Óscar Sánchez, papel de artesano
CUANDO ÓSCAR Sánchez Lozano abrió su negocio en el madrileño barrio de Malasaña, los vecinos hicieron apuestas sobre cuánto tardaría en cerrar. Corría 2005 y, tras una larga temporada trabajando en Londres, había regresado a su ciudad natal y se había instalado en una antigua autoescuela. Muchos se preguntaron con pavor si pretendía abrir otro bar. Cuando se enteraron de sus verdaderas intenciones, el recelo fue aún mayor. Pero La Eriza, su taller de encuadernación, cumplió el año pasado una década de existencia. Contra todo pronóstico. Como una provocadora respuesta a la pregunta más insistente: ¿acaso no sabe todo el mundo que la del libro es una muerte anunciada?
Sánchez Lozano, de 45 años, discrepaba y discrepa. “El libro está experimentando una revolución física. Ahora es posible tirar 100 o 200 unidades de un fotolibro gracias a la impresión digital. Antes era impensable”, explica. Además, dos señales lo reconfortaron en los orígenes de su quijotesco empeño: “Parecía que los caseros hubieran estado esperándome. No paraban de recibir ofertas para abrir tiendas de ropa, pero ellos se negaban. Querían reservar el espacio para un negocio que aportase algo al barrio, que fuese útil para la comunidad”. Días antes de la inauguración, un diseñador se topó con el taller, le gustó el proyecto y decidió realizar un generoso encargo. “Y desde entonces no he parado. Fotolibros, álbumes de boda, restauración de ejemplares antiguos, encuadernación de coleccionables, de tesis… La crisis ha alterado mi plan porque aspiraba a ampliar plantilla, pero estoy satisfecho”.

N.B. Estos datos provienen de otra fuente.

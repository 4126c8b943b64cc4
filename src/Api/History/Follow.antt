-- ===== src/Api/History/Follow.antt =====
-- One page of the history, and the client that asks for the next (cmd/api/main.go,
-- handleGetTradingHistory).
use lumen_liquid_backend.Base.{
  ℕ, zero, suc, ◌+◌, ◌-◌, ◌≤◌, ◌<◌, ◌≡◌, ◌≢◌, refl, ap, true, false, Option, none, some, List, [],
  ◌∷◌, ◌++◌, map, ◌==◌, text_eq, text_beq_iff, ltb, leb, length, take, get_elem?, arith, lt→ltb,
}
use lumen_liquid_backend.Base.Text.{Text}
use lumen_liquid_backend.Base.Int.{ℤ}
use lumen_liquid_backend.Base.Strings.{atoi}
use lumen_liquid_backend.Base.Time.{Rfc3339, IsClock, whole_second}
use lumen_liquid_backend.Api.{Response, json, http_error, Rows}
use lumen_liquid_backend.Api.History.{
  HistoryRow, HistoryEntry, HistoryPage, chosen, page_limit, select_history, history_entry, entries,
  must_parse_rfc3339, cursor_of, history_page, handle_get_trading_history,
}
use lumen_liquid_backend.Base.Slices.{
  length-take, take-take-suc, take_all, last_of, map-take, map-append, length-map,
}

-- The database, which answers each query with the rows that it selects.
abbrev pub database : List HistoryRow → Option ℕ → ℕ → Rows HistoryRow
database rows cursor n = some (map some (select_history cursor n rows))

module _ (clock : Rfc3339) (rows : List HistoryRow) (trader limit_text : Text) where
  abbrev pub ask_page : Text → Response HistoryPage
  ask_page = handle_get_trading_history clock (database rows) trader limit_text

  -- The client asks for the next page until there is none; `none` when a request fails or the fuel
  -- is used up.
  unfoldable pub follow : ℕ → Text → Option (List HistoryEntry)
  follow zero cursor = none
  follow (suc fuel) cursor = elim (ask_page cursor) [
    | http_error message status ↦ none
    | json p ↦ elim p.next_cursor [
      | none ↦ some p.history
      | some next ↦ elim (follow fuel next) [ none ↦ none | some later ↦ some (p.history ++ later) ]
    ]
  ]

chosen-positive : (o : Option ℤ) → 0 < chosen o
chosen-positive none = omega arith
chosen-positive (some n) = ground arith

pub page_limit-positive : (l : Text) → 0 < page_limit l
unfolding page_limit
page_limit-positive l = ground (arith, chosen-positive (atoi l))

pub entries-map :
    (clock : Rfc3339) (rows : List HistoryRow)
    → entries clock (map some rows) ≡ map (history_entry clock) rows
entries-map clock [] = refl
entries-map clock (r ∷ rows) = ap (λ es. history_entry clock r ∷ es) (entries-map clock rows)

pub same_second : (t : ℕ) → whole_second (whole_second t) ≡ whole_second t
same_second t = omega arith

pub not_empty : (s : Text) → s ≢ [] → (s == []) ≡ false
not_empty s h = ground (arith, text_beq_iff s [])

pub more_than : (n : ℕ) (ys : List HistoryRow) → leb (length ys) n ≡ false → n < length ys
more_than n ys h = ground arith

add_one : (n : ℕ) → n + 1 ≡ suc n
add_one n = omega arith

module _ (clock : Rfc3339) (trader : Text) where
  not_more : (limit : ℕ) (ys : List HistoryRow) → length ys ≤ limit → ltb limit (length ys) ≡ false
  not_more limit ys h = ground arith

  -- The last page.
  pub history_page-last :
      (limit : ℕ) (ys : List HistoryRow)
      → length ys ≤ limit
      → history_page clock trader limit (map (history_entry clock) (take (limit + 1) ys)) ≡ record {
        trader = trader;
        history = map (history_entry clock) ys;
        next_cursor = none;
        has_more = false;
      }
  unfolding history_page
  history_page-last limit ys h =
      rw
        (
          take_all (limit + 1) ys (omega arith),
          length-map (history_entry clock) ys,
          not_more limit ys h,
        )
        refl

  shown_part :
      (n : ℕ) (ys : List HistoryRow)
      → take n (map (history_entry clock) (take (n + 1) ys)) ≡ map (history_entry clock) (take n ys)
  shown_part n ys = rw (map-take (history_entry clock), add_one n, take-take-suc n ys) refl

  one_more :
      (n : ℕ) (ys : List HistoryRow)
      → n < length ys
      → ltb n (length (map (history_entry clock) (take (n + 1) ys))) ≡ true
  one_more n ys h =
      rw (length-map (history_entry clock), length-take (n + 1) ys (omega arith))
        (lt→ltb n (n + 1) (omega arith))

  parsed :
      (law : IsClock clock) (t : ℕ) → must_parse_rfc3339 clock (clock.format t) ≡ whole_second t
  unfolding must_parse_rfc3339
  parsed law t = rw (must_parse_rfc3339, law.reads t) refl

  last_cursor :
      (law : IsClock clock) (front : List HistoryRow) (a : HistoryRow)
      → cursor_of clock (
          get_elem?
            (map (history_entry clock) (front ++ a ∷ []))
            (length (map (history_entry clock) (front ++ a ∷ [])) - 1))
        ≡ some (clock.format (whole_second a.closed_at))
  last_cursor law front a =
      rw
        (
          map-append (history_entry clock) front (a ∷ []),
          last_of (map (history_entry clock) front) (history_entry clock a),
        )
        (ap (λ t. some (clock.format t)) (parsed law a.closed_at))

  pub history_page-more :
      (law : IsClock clock) (n : ℕ) (front ys : List HistoryRow) (a : HistoryRow)
      → n < length ys
      → take n ys ≡ front ++ a ∷ []
      → history_page clock trader n (map (history_entry clock) (take (n + 1) ys)) ≡ record {
        trader = trader;
        history = map (history_entry clock) (take n ys);
        next_cursor = some (clock.format (whole_second a.closed_at));
        has_more = true;
      }
  unfolding history_page
  history_page-more law n front ys a h e =
      rw (one_more n ys h, shown_part n ys)
        (ap
          (λ c. record {
            trader = trader;
            history = map (history_entry clock) (take n ys);
            next_cursor = c;
            has_more = true;
          })
          (rw e (last_cursor law front a)))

Sánchez Lozano llegó a la encuadernación por pura casualidad. Estudiaba Historia del Arte y, mientras tomaba un café con un amigo, leyeron en el periódico un obituario en el que se contaba que el honrado –cuyo nombre no recuerda– encuadernaba sus propios libros. “Pensamos que tenía que ser muy chulo y nos apuntamos a un curso. Yo me enganché por completo, mi amigo no”. Tras acabar sus estudios en Madrid, a los 23 años, se mudó a Londres para iniciar Bellas Artes. Pero nunca terminaría esa segunda carrera. “Allí compaginaba las clases con un trabajo de aprendiz. Me dedicaba a cortar cartón, coser, montar. Ahí se acabó de encarrilar la génesis de La Eriza”. Durante una época, mientras ultimaba los proyectos de artistas como Anish Kapoor, Sarah Lucas o Isaac Julien, siempre trataba de reservarse tiempo para crear sus propios libros-objeto. “Pero ya apenas hago obra propia. La Eriza no significa que haya dejado de ser artista, ahora veo mi trabajo como una performance: mi labor artística consiste en tener un local como este y ayudar a crear libros a otros”. En una vitrina de la tienda, reservada a los volúmenes más inusuales, pueden contemplarse algunas de las creaciones de Sánchez Lozano, como su versión de Romeo y Julieta: dos ejemplares encuadernados por separado y atravesados por una flecha.
En la trastienda es donde pasa la mayor parte de la jornada rodeado de sus cizallas, sus plegadoras y las máquinas traídas desde Londres. En cambio, la tienda es el “área noble”: un espacio de paredes color amarillo chillón dominado por dos mostradores de haya “procedentes del mismo árbol, la veta es continúa”, aclara Sánchez Lozano, donde atiende a los clientes, organiza exposiciones y “donde no se puede comprar nada”. “Todo es por encargo, salvo en Navidad, que presento una colección que realizo con la marca de complementos Zubi. No puedes entrar y comprar, y esto es fuente de intriga y desconcierto para mucha gente que pasa por delante y no saben exactamente qué es. Resulta muy divertido. Muchas veces, después de un rato charlando, salen diciendo: ‘Y yo ¿qué podría encuadernar?”, relata. “El trato personal es mi gran baza y lo que da sentido a lo que hago. Los clientes te visitan, trabajas en su libro y se crea una relación que te hace sentirte respetado y realizado como artesano”.